The Slatest

Days of Protest Over Unheated Brooklyn Prison End With Restored Power

Protesters attend a rally at Metropolitan Detention Center demanding that heat be restored for the inmates.
Protesters attend a rally at Metropolitan Detention Center demanding that heat be restored for the inmates, in Brooklyn, New York City, on Saturday. Go Nakamura/Reuters

Full power has been restored to a Brooklyn, New York, detention center after days of protests over the neglect of prisoners who were exposed to frigid temperatures during last week’s polar vortex, according to statements from the Federal Bureau of Prisons and the Department of Justice.
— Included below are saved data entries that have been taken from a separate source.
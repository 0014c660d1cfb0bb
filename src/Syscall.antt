-- ===== src/Syscall.antt =====
-- System calls: src/libstd.c, src/syscall.c, src/syscall.tbl, src/sys_mem.c and
-- src/sys_listsyscall.c. The registers of a call are a local variable of `libsyscall`. Every
-- routine returns 0, so that only the state is kept; messages are left out.
pub mod Memmap
pub mod Tame
mod Tests
use easter_egg.Common.{ℕ, ◌%◌, ◌^◌, ◌*◌, Bool, Option, none, some, List, [], ◌∷◌, ◌==◌, ◌>>=◌}
use easter_egg.Common.{if◌then◌else◌, Status}
use easter_egg.Memphy
use easter_egg.Memphy.{Memphy}
use easter_egg.Vm.{Malloc, Caller, inc_vma_limit}
use easter_egg.Paging.{sign_extend}
use easter_egg.Process.{Machine, caller_of, put_caller}
use easter_egg.Killall.{sys_killall}

-- The fields of `struct sc_regs` that a call sets.
pub record Regs : Type 0 where
  pub a1 : ℕ
  pub a2 : ℕ
  pub a3 : ℕ

-- `__mm_swap_page`, which drops the status of the copy.
unfoldable pub mm_swap_page : Malloc → Caller → ℕ → ℕ → Option Caller
mm_swap_page malloc caller vicfpn swpfpn = do
  mswp ← Memphy.swap_cp_page malloc.byte caller.mram vicfpn caller.active_mswp swpfpn
  some (record caller { active_mswp = mswp })

-- `SYSMEM_INC_OP` and the others of include/libmem.h.
abbrev pub sysmem_inc_op : ℕ
sysmem_inc_op = 2

abbrev pub sysmem_swp_op : ℕ
sysmem_swp_op = 3

abbrev pub sysmem_io_read : ℕ
sysmem_io_read = 4

abbrev pub sysmem_io_write : ℕ
sysmem_io_write = 5

-- SYSMEM_MAP_OP, 1, and an unknown code change nothing.
unfoldable pub sys_memmap : Malloc → Caller → Regs → Option (Regs × Caller)
sys_memmap malloc caller regs =
    if regs.a1 == sysmem_inc_op
    then (inc_vma_limit malloc caller regs.a2 regs.a3 >>= λ r. some (regs, r.1))
    else if regs.a1 == sysmem_swp_op
    then (mm_swap_page malloc caller regs.a2 regs.a3 >>= λ next. some (regs, next))
    else if regs.a1 == sysmem_io_read
    then (Memphy.read caller.mram regs.a2 malloc.byte >>= λ r.
        some (record regs { a3 = sign_extend r.1 }, record caller { mram = r.2 }))
    else if regs.a1 == sysmem_io_write
    then (Memphy.write caller.mram regs.a2 (regs.a3 % 256) >>= λ r.
        some (regs, record caller { mram = r.1 }))
    else some (regs, caller)

-- The entry points of src/syscall.tbl by their names, and the one for all other numbers.
pub data Entry : Type 0 where
  listsyscall memmap killall ni_syscall : Entry

-- The lines of src/syscall.tbl, from which the build makes the cases of `syscall`.
abbrev pub sys_call_table : List (ℕ × Entry)
sys_call_table = (0, Entry.listsyscall) ∷ (17, Entry.memmap) ∷ (101, Entry.killall) ∷ []

-- The case of the `switch` in `syscall`.
unfoldable pub entry_of : List (ℕ × Entry) → ℕ → Entry
entry_of [] nr = Entry.ni_syscall
entry_of ((n, e) ∷ table) nr = if nr == n then e else entry_of table nr

-- `__sys_listsyscall` prints the table, and `__sys_ni_syscall` does nothing.
unfoldable pub syscall : Malloc → Machine → ℕ → ℕ → Regs → Option (Regs × Machine)
unfolding entry_of
syscall malloc m p nr regs = elim (entry_of sys_call_table nr) [
  | Entry.memmap ↦ sys_memmap malloc (caller_of m p) regs >>= λ r. some (r.0, put_caller m p r.1)
  | Entry.killall ↦ sys_killall malloc m p regs.a1 >>= λ next. some (regs, next)
  | _ ↦ some (regs, m)
]

unfoldable pub libsyscall : Malloc → Machine → ℕ → ℕ → ℕ → ℕ → ℕ → Option Machine
libsyscall malloc m p syscall_idx a1 a2 a3 =
    syscall malloc m p syscall_idx (record { a1 = a1; a2 = a2; a3 = a3 }) >>= λ r. some r.1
For days, crowds gathered outside Brooklyn’s Metropolitan Detention Center and activists demanded that the prisoners be moved and the jail investigated. According to the Washington Post, some protesters even remained overnight in solidarity with prisoners, at a time when the low temperatures reached down into the single digits. Inside the prison, inmates banged on their cell windows. According to ABC 7, Sunday’s protesters at one point clashed with correction officers as they tried to rush into the entrance, and corrections officers forcefully pushed them out.

According to the New York Times, which first reported on the outage, the prison’s troubles began on Jan. 5, when it lost power. The heating began to falter the week of Jan. 20 and continued through last week, when the cold became dangerous. The more than 1,600 inmates—a combination of high-profile criminals and a more low-risk mix of inmates with medical conditions and New Yorkers awaiting trial, according to the Times—huddled in their beds in the dark.

The Bureau of Prisons, which runs the facility, has denied that the heat had been so limited and said in the Sunday statement that inmates had had hot showers. Several lawmakers who toured the jail Saturday disagreed, having found temperatures as low as 49 degrees in the facility, and criticized the jail’s officials for not treating the situation with the urgency that it required. New York City Mayor Bill de Blasio said on Saturday night that the city’s emergency-management agency had delivered generators, blankets, and hand warmers to the prison.

The power was restored Sunday night, according to the DOJ statement, and heat and water were back to normal.

A DOJ spokesman also said in a statement that the department would work with the Bureau of Prisons to investigate what happened and implement backup measures to prevent any future power outages.